How to use BitDocSet within a PostFilter

2015-08-02 Thread Stephen Weiss
Hi everyone,

I'm trying to write a PostFilter for Solr 5.1.0, which is meant to crawl 
through grandchild documents during a search through the parents and filter out 
documents based on statistics gathered from aggregating the grandchildren 
together.  I've been successful in getting the logic correct, but it does not 
perform so well - I'm grabbing too many documents from the index along the way. 
 I'm trying to filter out grandchild documents which are not relevant to the 
statistics I'm collecting, in order to reduce the number of document objects 
pulled from the IndexReader.

I've implemented the following code in my DelegatingCollector.collect:

if (inStockSkusBitSet == null) {
SolrIndexSearcher SidxS = (SolrIndexSearcher) idxS; // type cast from 
IndexSearcher to expose getDocSet.
inStockSkusDocSet = SidxS.getDocSet(inStockSkusQuery);
inStockSkusBitDocSet = (BitDocSet) inStockSkusDocSet; // type cast from DocSet 
to expose getBits.
inStockSkusBitSet = inStockSkusBitDocSet.getBits();
}


My BitDocSet reports a size which matches a standard query for the more limited 
set of grandchildren, and the FixedBitSet (inStockSkusBitSet) also reports this 
same cardinality.  Based on that fact, it seems that the getDocSet call itself 
must be working properly, and returning the right number of documents.  
However, when I try to filter out grandchild documents using either 
BitDocSet.exists or BitSet.get (passing over any grandchild document which 
doesn't exist in the bitdocset or return true from the bitset), I get about 1/3 
less results than I'm supposed to.   It seems many documents that should match 
the filter, are being excluded, and documents which should not match the 
filter, are being included.

I'm trying to use it either of these ways:

if (!inStockSkusBitSet.get(currentChildDocNumber)) continue;
if (!inStockSkusBitDocSet.exists(currentChildDocNumber)) continue;

The currentChildDocNumber is simply the docNumber which is passed to 
DelegatingCollector.collect, decremented until I hit a document that doesn't 
belong to the parent document.

I can't seem to figure out a way to actually use the BitDocSet (or its 
derivatives) to quickly eliminate document IDs.  It seems like this is how it's 
supposed to be used.  What am I getting wrong?
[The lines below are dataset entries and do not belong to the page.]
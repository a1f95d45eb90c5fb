-- ===== src/Conflict.antt =====
-- src/conflict/mod.rs: the footprints of the workspaces in flight and the overlaps between them.
-- A `HashSet<String>` is a list without order; a `HashMap` keyed by the workspace id is an association
-- list, and the order in which it is walked is left to the list.
pub mod Classify
pub mod Engine
mod Tests
use vai.Common.{
  ℕ, suc, Option, none, some, Bool, true, false, not, ◌&&◌, ◌||◌, List, [], ◌∷◌, ◌++◌, map, String,
  any, keep, is_empty, length, nat_eq, leb, ltb, if◌then◌else◌,
}
use vai.Common.Sort.{sort_by_key}
use vai.Common.Sets.{contains, intersection, dedup, sort_text}

pub record WorkspaceScope : Type 0 where
  pub workspace_id : ℕ
  pub intent : String
  pub write_files : List String
  pub write_entities : List String
  pub blast_radius : List String

pub data OverlapLevel : Type 0 where
  no_overlap low medium high critical : OverlapLevel

-- The derived `Ord`: the order of declaration.
abbrev pub rank : OverlapLevel → ℕ
rank no_overlap = 0
rank low = 1
rank medium = 2
rank high = 3
rank critical = 4

-- The recommendation is a fixed text for each level around the other workspace's id and intent.
pub data Recommendation : Type 0 where
  coordinate submit_in_sequence review_chain verify_overwrites : ℕ → String → Recommendation
  empty_text : Recommendation

pub record OverlapResult : Type 0 where
  pub level : OverlapLevel
  pub your_workspace : ℕ
  pub other_workspace : ℕ
  pub other_intent : String
  pub overlapping_files : List String
  pub overlapping_entities : List String
  pub recommendation : Recommendation

-- The ids of `a`'s writes that `b` reaches and does not write.
abbrev pub in_blast : WorkspaceScope → WorkspaceScope → List String
in_blast a b =
    sort_text (
      keep (λ id. contains id b.blast_radius && not (contains id b.write_entities))
        a.write_entities)

unfoldable pub classify_overlap : WorkspaceScope → WorkspaceScope → OverlapResult
classify_overlap a b =
    let overlapping_files = sort_text (intersection a.write_files b.write_files) in
    let shared_entities = sort_text (intersection a.write_entities b.write_entities) in
    let referential_entities = dedup (dedup (sort_text (in_blast a b ++ in_blast b a))) in
    let result : OverlapLevel → List String → List String → Recommendation → OverlapResult =
      λ level files entities text. record {
        level = level;
        your_workspace = a.workspace_id;
        other_workspace = b.workspace_id;
        other_intent = b.intent;
        overlapping_files = files;
        overlapping_entities = entities;
        recommendation = text;
      } in
    if ltb 1 (length shared_entities)
    then result critical overlapping_files shared_entities (coordinate b.workspace_id b.intent)
    else if not (is_empty shared_entities)
    then result medium overlapping_files shared_entities
        (submit_in_sequence b.workspace_id b.intent)
    else if not (is_empty referential_entities)
    then result high overlapping_files referential_entities (review_chain b.workspace_id b.intent)
    else if not (is_empty overlapping_files)
    then result low overlapping_files [] (verify_overwrites b.workspace_id b.intent)
    else result no_overlap [] [] empty_text
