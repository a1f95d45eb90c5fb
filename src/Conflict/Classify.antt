-- ===== src/Conflict/Classify.antt =====
-- The level that `classify_overlap` of src/conflict/mod.rs gives two footprints.
use vai.Common.{
  ℕ, ◌≡◌, refl, Bool, true, false, not, ◌&&◌, ◌||◌, ◌++◌, any, is_empty, length, ltb, if◌then◌else◌,
  arith,
}
use vai.Common.Sets.{
  contains, IsDistinct, intersection, sort_text, dedup, length-sort_text, is_empty-sort_text,
  is_empty-dedup, is_empty-append, is_empty-keep, length-intersection_comm,
}
use vai.Conflict.{
  WorkspaceScope, OverlapLevel, no_overlap, low, medium, high, critical, in_blast, classify_overlap,
}

abbrev pub shared : WorkspaceScope → WorkspaceScope → ℕ
shared a b = length (intersection a.write_entities b.write_entities)

-- One side writes what the other reaches and does not write.
abbrev pub reaches : WorkspaceScope → WorkspaceScope → Bool
reaches a b =
    any (λ id. contains id b.blast_radius && not (contains id b.write_entities)) a.write_entities

abbrev pub shares_file : WorkspaceScope → WorkspaceScope → Bool
shares_file a b = any (λ f. contains f b.write_files) a.write_files

-- The level as a function of three facts about the pair.
abbrev pub level_of : ℕ → Bool → Bool → OverlapLevel
level_of n reference file =
    if ltb 1 n
    then critical
    else if ltb 0 n
    then medium
    else if reference
    then high
    else if file
    then low
    else no_overlap

de_morgan : (x y : Bool) → (not x && not y) ≡ not (x || y)
de_morgan true y = refl
de_morgan false y = refl

referential_empty :
    (a b : WorkspaceScope)
    → is_empty (dedup (dedup (sort_text (in_blast a b ++ in_blast b a))))
      ≡ not (reaches a b || reaches b a)
referential_empty a b = rw is_empty-dedup (
    rw is_empty-dedup (
      rw is_empty-sort_text (
        rw is_empty-append (
          rw is_empty-sort_text (
            rw is_empty-sort_text
              (rw is_empty-keep (rw is_empty-keep (de_morgan (reaches a b) (reaches b a)))))))))

-- The level depends only on how many entities both write, on whether one side writes what the other
-- reaches without writing it, and on whether they share a file: two shared entities or more are
-- critical, one is medium, then a reference is high, then a shared file is low.
pub level-classify_overlap :
    (a b : WorkspaceScope)
    → (classify_overlap a b).level
      ≡ level_of (shared a b) (reaches a b || reaches b a) (shares_file a b)
unfolding classify_overlap
level-classify_overlap a b = ground (
  arith,
  length-sort_text (intersection a.write_entities b.write_entities),
  is_empty-sort_text (intersection a.write_entities b.write_entities),
  is_empty-sort_text (intersection a.write_files b.write_files),
  is_empty-keep (λ f. contains f b.write_files) a.write_files,
  referential_empty a b,
)

-- The sets of a footprint hold each text once.
pub record IsScope (s : WorkspaceScope) : Type 0 where
  pub files : IsDistinct s.write_files
  pub entities : IsDistinct s.write_entities

shares_file-intersection :
    (a b : WorkspaceScope)
    → shares_file a b ≡ ltb 0 (length (intersection a.write_files b.write_files))
shares_file-intersection a b =
    ground (arith, is_empty-keep (λ f. contains f b.write_files) a.write_files)

-- Two footprints with proper sets get the same level from either side.
pub level_symmetric :
    (a b : WorkspaceScope)
    → IsScope a
    → IsScope b
    → (classify_overlap a b).level ≡ (classify_overlap b a).level
level_symmetric a b p q = rw (level-classify_overlap a b) (
    rw (level-classify_overlap b a) (
      ground (
        arith,
        length-intersection_comm a.write_entities b.write_entities p.entities q.entities,
        length-intersection_comm a.write_files b.write_files p.files q.files,
        shares_file-intersection a b,
        shares_file-intersection b a,
      )))
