-- ===== src/Conflict/Engine.antt =====
-- `ConflictEngine` of src/conflict/mod.rs: a map from workspace ids to footprints.
pub mod Map
pub mod Reports
use vai.Common.{
  ℕ, ◌-◌, Option, none, some, Bool, true, false, not, List, [], ◌∷◌, map, String, keep, nat_eq,
  if◌then◌else◌,
}
use vai.Common.Sort.{sort_by_key}
use vai.Common.Sets.{set_of}
use vai.Conflict.{WorkspaceScope, OverlapLevel, no_overlap, rank, OverlapResult, classify_overlap}

abbrev pub ConflictEngine : Type 0
ConflictEngine = List (ℕ × WorkspaceScope)

abbrev pub new : ConflictEngine
new = []

unfoldable pub get_scope : ℕ → ConflictEngine → Option WorkspaceScope
get_scope id [] = none
get_scope id ((j, s) ∷ m) = if nat_eq j id then some s else get_scope id m

unfoldable pub remove_workspace : ℕ → ConflictEngine → ConflictEngine
remove_workspace id [] = []
remove_workspace id ((j, s) ∷ m) =
    let rest = remove_workspace id m in if nat_eq j id then rest else (j, s) ∷ rest

unfoldable pub all_scopes : ConflictEngine → List WorkspaceScope
all_scopes m = map (λ entry. entry.1) m

abbrev pub blank : ℕ → String → WorkspaceScope
blank id intent = record {
  workspace_id = id;
  intent = intent;
  write_files = [];
  write_entities = [];
  blast_radius = [];
}

abbrev pub rewritten : String → List String → WorkspaceScope → WorkspaceScope
rewritten intent path_list s = record s { intent = intent; write_files = set_of path_list }

-- `entry(id).or_insert_with(...)`, and the two assignments through the reference that it returns.
unfoldable pub write_scope : ℕ → String → List String → ConflictEngine → ConflictEngine
write_scope id intent path_list [] = (id, rewritten intent path_list (blank id intent)) ∷ []
write_scope id intent path_list ((j, s) ∷ m) =
    let rest = write_scope id intent path_list m in
    if nat_eq j id then (j, rewritten intent path_list s) ∷ m else (j, s) ∷ rest

abbrev pub rewrite_found : ℕ → String → List String → Option WorkspaceScope → WorkspaceScope
rewrite_found id intent path_list none = rewritten intent path_list (blank id intent)
rewrite_found id intent path_list (some s) = rewritten intent path_list s

-- The clone of the entry that was written.
abbrev pub updated : ℕ → String → List String → ConflictEngine → WorkspaceScope
updated id intent path_list m = rewrite_found id intent path_list (get_scope id m)

abbrev pub is_overlap : OverlapResult → Bool
is_overlap r = not (nat_eq (rank r.level) (rank no_overlap))

-- `b.level.cmp(&a.level)`: a higher level sorts first.
abbrev pub descending : OverlapResult → ℕ
descending r = 4 - rank r.level

unfoldable pub update_scope :
    ℕ → String → List String → ConflictEngine → ConflictEngine × List OverlapResult
update_scope id intent path_list m =
    let scopes = write_scope id intent path_list m in
    let mine = updated id intent path_list m in
    let others = keep (λ s. not (nat_eq s.workspace_id id)) (all_scopes scopes) in
    (scopes, sort_by_key descending (keep is_overlap (map (classify_overlap mine) others)))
Sorry if this is a newbie question, I've never written a PostFilter before, and 
frankly, the documentation out there is a little sketchy (mostly for version 4) 
- so many classes have changed names and so many of the more well-documented 
techniques are deprecated or removed now, it's tough to follow what the current 
best practice actually is.  I'm using the block join functionality heavily so 
I'm trying to keep more current than that.  I would be happy to send along the 
full source privately if it would help figure this out, and plan to write up 
some more elaborate instructions (updated for Solr 5) for the next person who 
decides to write a PostFilter and work with block joins, if I ever manage to 
get this performing well enough.

Thanks for any pointers!  Totally open to doing this an entirely different way. 
 I read DocValues might be a more elegant approach but currently that would 
require reindexing, so trying to avoid that.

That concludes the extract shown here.